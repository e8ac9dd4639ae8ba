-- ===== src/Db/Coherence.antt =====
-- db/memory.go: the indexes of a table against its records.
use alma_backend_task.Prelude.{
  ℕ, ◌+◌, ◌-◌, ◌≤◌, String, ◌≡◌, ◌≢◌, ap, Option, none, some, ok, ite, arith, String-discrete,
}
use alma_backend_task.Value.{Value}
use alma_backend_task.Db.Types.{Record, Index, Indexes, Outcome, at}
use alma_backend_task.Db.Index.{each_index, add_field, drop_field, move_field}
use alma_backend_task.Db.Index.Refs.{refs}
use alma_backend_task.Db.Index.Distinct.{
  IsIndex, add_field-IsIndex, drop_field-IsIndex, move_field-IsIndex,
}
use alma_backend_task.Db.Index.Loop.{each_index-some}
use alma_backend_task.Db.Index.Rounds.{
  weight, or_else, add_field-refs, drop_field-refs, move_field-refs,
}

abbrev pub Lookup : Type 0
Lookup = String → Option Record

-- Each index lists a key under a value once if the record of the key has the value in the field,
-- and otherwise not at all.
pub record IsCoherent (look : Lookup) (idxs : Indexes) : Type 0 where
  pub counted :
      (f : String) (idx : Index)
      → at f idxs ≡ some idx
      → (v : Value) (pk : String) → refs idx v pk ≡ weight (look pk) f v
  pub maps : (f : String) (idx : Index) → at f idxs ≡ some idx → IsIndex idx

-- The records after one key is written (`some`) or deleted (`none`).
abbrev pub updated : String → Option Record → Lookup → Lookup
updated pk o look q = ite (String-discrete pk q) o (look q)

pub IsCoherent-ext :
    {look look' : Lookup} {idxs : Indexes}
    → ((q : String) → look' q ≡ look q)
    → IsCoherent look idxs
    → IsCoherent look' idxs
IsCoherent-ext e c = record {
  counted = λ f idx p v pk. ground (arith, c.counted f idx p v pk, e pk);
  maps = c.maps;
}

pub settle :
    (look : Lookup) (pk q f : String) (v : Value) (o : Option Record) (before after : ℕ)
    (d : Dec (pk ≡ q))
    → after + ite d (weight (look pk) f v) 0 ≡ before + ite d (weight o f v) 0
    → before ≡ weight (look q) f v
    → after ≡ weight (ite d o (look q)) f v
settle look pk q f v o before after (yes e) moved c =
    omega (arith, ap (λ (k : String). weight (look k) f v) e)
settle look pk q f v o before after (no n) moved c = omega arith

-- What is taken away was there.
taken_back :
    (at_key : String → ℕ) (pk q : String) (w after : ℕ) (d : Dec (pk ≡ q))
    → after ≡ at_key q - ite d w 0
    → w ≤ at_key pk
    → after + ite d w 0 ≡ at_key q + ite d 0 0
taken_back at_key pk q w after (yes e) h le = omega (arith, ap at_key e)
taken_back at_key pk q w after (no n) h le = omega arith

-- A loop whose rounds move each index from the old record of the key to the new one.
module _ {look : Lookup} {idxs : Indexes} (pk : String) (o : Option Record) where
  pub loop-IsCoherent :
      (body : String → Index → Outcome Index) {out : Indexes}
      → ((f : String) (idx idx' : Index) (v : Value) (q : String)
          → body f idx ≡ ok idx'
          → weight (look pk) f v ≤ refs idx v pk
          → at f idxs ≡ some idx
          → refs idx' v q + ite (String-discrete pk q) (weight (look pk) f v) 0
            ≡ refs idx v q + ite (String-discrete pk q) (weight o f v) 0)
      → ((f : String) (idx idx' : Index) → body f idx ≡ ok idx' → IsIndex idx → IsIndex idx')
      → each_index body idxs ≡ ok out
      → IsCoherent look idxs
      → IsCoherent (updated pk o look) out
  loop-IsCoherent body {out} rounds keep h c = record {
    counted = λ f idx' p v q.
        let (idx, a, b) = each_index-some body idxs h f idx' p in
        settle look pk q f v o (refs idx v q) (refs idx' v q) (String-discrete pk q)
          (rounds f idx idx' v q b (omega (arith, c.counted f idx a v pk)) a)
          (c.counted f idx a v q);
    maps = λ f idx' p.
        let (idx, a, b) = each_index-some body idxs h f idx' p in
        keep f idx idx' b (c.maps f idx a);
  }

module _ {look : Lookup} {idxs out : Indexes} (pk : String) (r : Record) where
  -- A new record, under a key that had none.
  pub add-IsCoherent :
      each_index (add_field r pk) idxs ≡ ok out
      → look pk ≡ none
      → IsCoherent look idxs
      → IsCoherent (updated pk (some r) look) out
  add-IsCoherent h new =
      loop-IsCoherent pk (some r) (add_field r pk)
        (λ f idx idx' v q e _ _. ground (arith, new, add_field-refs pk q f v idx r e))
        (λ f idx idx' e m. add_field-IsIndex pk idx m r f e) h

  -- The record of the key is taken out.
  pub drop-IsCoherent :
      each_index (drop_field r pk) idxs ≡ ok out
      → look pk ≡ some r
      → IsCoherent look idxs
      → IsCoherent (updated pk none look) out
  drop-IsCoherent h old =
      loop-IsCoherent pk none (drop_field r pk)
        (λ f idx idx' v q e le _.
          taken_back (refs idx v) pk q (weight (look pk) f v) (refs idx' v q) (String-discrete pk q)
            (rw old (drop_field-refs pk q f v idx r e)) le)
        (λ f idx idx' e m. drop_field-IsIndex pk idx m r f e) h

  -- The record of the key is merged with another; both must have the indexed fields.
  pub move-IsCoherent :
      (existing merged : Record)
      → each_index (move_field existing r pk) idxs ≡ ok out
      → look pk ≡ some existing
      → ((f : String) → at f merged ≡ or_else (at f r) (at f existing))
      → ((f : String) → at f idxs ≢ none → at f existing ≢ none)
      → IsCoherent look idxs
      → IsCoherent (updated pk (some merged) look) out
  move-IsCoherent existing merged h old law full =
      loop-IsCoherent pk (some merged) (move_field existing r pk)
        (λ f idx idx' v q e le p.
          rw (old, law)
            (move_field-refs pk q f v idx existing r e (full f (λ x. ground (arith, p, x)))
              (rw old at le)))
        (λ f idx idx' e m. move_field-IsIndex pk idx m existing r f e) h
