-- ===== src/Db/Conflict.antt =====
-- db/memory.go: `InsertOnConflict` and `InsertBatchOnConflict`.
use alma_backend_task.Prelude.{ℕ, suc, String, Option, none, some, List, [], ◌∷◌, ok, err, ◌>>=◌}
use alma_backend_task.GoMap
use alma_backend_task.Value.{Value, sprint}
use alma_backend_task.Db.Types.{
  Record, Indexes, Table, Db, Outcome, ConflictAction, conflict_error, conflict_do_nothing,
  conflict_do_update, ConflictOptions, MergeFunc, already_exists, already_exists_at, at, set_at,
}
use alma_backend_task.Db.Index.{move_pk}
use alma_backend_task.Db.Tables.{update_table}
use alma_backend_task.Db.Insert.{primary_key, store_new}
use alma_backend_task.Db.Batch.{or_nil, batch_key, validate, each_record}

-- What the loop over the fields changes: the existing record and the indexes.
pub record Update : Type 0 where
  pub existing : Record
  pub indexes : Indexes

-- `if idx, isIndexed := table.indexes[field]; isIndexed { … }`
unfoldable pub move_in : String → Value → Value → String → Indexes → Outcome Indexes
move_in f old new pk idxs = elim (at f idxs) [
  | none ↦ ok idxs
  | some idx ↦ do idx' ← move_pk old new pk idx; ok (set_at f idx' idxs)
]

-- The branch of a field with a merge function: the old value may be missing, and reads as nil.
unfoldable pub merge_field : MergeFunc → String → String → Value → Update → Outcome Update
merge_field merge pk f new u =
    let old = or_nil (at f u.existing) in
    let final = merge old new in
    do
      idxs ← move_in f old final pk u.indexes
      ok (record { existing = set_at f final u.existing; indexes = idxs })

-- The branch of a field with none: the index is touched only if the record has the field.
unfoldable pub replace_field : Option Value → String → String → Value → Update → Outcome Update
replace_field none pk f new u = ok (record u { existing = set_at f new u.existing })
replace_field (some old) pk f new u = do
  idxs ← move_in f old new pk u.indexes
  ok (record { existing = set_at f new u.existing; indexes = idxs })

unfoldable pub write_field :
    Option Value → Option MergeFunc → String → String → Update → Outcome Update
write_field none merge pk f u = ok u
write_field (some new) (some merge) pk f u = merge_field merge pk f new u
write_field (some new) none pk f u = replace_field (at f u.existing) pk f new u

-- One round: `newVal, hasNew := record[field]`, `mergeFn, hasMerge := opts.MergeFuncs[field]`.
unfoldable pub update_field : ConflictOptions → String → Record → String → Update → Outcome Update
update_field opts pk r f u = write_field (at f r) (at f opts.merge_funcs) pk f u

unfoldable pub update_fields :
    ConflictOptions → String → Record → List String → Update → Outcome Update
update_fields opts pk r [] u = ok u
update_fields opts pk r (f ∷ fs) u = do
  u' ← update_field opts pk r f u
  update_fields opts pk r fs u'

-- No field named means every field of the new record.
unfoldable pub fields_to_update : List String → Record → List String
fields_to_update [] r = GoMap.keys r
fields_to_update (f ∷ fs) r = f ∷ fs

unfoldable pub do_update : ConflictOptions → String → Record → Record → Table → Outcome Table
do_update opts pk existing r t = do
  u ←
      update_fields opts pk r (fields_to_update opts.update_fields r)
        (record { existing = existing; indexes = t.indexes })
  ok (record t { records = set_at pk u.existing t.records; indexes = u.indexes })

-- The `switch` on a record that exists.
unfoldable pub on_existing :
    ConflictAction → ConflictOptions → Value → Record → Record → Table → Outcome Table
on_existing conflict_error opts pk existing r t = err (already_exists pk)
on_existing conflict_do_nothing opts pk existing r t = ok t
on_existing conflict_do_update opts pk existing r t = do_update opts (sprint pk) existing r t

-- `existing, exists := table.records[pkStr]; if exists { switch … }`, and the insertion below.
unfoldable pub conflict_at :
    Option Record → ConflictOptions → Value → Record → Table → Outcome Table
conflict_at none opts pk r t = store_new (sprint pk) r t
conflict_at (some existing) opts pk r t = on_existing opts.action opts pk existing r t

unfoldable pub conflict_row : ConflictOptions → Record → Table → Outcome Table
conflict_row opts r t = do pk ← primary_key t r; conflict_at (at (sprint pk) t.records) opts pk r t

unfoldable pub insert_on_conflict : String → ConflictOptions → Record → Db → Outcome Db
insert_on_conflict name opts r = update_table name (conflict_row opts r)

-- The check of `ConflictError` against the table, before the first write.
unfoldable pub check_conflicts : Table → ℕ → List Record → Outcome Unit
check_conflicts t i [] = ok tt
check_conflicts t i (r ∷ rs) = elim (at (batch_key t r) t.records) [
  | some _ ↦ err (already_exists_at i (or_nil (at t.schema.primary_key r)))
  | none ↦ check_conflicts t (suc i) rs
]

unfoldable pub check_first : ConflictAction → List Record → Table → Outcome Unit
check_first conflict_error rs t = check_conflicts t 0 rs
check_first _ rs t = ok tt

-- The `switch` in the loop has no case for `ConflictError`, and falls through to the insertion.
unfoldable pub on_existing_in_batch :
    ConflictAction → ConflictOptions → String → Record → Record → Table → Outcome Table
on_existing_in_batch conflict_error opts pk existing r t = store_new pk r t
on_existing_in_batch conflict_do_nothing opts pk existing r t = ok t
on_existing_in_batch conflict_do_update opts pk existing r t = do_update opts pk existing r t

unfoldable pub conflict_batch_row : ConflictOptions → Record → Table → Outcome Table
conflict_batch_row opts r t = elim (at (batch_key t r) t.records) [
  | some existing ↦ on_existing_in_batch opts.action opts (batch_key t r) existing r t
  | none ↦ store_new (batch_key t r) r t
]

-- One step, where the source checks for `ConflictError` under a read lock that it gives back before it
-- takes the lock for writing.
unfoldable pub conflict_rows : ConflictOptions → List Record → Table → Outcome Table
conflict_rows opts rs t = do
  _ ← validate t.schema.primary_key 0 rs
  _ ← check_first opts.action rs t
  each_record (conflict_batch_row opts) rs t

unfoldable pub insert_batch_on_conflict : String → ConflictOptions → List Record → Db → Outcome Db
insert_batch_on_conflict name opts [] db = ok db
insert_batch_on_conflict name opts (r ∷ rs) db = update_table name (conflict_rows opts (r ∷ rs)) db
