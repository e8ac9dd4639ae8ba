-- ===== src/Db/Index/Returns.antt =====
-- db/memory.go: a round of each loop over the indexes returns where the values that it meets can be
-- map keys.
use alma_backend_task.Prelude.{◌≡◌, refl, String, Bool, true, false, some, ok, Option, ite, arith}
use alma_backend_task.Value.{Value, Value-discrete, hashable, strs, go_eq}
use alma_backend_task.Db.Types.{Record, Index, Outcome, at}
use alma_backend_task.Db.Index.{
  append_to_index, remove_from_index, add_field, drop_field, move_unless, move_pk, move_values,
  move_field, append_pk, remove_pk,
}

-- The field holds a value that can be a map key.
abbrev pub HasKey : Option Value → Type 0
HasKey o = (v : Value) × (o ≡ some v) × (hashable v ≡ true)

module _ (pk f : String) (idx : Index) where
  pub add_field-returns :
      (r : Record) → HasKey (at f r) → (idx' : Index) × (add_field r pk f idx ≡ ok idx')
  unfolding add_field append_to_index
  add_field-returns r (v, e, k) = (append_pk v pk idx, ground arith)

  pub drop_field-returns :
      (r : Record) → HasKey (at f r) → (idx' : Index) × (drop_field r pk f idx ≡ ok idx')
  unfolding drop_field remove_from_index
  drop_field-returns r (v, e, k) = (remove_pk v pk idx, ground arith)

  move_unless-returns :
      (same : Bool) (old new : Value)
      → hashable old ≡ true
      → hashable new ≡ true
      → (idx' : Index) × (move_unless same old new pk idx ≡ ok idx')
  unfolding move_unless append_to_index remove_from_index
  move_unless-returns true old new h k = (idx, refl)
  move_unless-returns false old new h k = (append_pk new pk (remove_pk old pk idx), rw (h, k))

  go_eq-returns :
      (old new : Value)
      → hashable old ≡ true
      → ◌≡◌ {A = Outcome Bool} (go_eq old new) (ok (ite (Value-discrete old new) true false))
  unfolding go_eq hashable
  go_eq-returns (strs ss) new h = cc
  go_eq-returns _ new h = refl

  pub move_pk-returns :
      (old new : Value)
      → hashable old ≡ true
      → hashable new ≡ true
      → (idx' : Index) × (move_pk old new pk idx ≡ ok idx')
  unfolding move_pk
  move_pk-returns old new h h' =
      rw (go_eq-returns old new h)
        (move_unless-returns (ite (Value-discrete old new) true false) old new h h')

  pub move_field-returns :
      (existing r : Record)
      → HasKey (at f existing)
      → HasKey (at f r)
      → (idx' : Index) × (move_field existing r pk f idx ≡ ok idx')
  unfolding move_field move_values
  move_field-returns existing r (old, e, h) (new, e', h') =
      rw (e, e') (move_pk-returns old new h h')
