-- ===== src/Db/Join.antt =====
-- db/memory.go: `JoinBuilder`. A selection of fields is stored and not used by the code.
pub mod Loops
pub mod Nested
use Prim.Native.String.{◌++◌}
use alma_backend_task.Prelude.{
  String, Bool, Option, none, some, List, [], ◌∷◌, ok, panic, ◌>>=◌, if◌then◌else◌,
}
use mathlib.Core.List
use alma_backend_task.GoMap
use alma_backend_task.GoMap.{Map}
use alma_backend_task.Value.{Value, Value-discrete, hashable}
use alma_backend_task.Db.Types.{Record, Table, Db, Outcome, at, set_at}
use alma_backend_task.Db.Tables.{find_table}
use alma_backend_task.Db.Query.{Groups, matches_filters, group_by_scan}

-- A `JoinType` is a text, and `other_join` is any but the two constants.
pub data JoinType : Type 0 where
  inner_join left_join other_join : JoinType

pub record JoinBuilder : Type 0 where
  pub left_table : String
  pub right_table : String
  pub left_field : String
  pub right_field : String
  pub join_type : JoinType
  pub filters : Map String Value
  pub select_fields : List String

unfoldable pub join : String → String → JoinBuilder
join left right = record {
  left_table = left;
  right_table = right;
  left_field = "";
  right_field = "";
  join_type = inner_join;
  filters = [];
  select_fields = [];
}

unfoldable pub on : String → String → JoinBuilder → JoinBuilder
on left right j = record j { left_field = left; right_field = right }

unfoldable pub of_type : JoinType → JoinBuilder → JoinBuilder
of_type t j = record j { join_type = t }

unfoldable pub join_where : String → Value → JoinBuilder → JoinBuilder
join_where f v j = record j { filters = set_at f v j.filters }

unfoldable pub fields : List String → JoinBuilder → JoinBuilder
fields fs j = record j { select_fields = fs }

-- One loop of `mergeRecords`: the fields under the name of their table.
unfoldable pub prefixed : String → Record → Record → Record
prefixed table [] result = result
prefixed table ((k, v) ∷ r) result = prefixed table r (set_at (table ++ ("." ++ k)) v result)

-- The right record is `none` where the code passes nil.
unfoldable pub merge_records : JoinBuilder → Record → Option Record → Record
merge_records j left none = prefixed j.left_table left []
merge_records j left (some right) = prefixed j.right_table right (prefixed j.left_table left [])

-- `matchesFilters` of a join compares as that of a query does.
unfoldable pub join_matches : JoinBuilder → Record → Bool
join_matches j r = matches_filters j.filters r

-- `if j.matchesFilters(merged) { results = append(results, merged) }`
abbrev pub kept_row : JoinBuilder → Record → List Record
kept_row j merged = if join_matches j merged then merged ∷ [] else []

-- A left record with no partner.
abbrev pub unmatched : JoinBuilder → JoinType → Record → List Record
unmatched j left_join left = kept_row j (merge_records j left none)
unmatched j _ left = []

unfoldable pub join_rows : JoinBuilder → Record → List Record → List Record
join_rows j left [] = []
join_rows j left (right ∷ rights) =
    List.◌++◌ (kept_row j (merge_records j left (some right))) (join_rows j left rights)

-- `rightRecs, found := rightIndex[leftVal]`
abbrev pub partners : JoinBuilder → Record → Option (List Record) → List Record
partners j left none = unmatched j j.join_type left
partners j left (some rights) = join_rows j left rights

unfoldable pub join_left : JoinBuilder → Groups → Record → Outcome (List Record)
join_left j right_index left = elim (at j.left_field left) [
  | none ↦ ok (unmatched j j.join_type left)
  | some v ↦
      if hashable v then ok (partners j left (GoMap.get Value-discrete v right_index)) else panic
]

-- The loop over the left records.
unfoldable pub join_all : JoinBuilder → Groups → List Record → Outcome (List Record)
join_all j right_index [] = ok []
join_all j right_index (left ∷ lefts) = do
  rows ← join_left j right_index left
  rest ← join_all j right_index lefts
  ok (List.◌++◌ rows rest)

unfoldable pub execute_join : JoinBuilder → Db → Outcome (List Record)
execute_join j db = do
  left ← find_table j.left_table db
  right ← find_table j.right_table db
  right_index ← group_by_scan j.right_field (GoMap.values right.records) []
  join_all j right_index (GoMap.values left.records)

------------------------------------

_Work instructions_:
Make a copy of each line in the records that has the word "full".

_Task solution_:
  move-IsCoherent existing merged h old law full =
            (move_field-refs pk q f v idx existing r e (full f (λ x. ground (arith, p, x)))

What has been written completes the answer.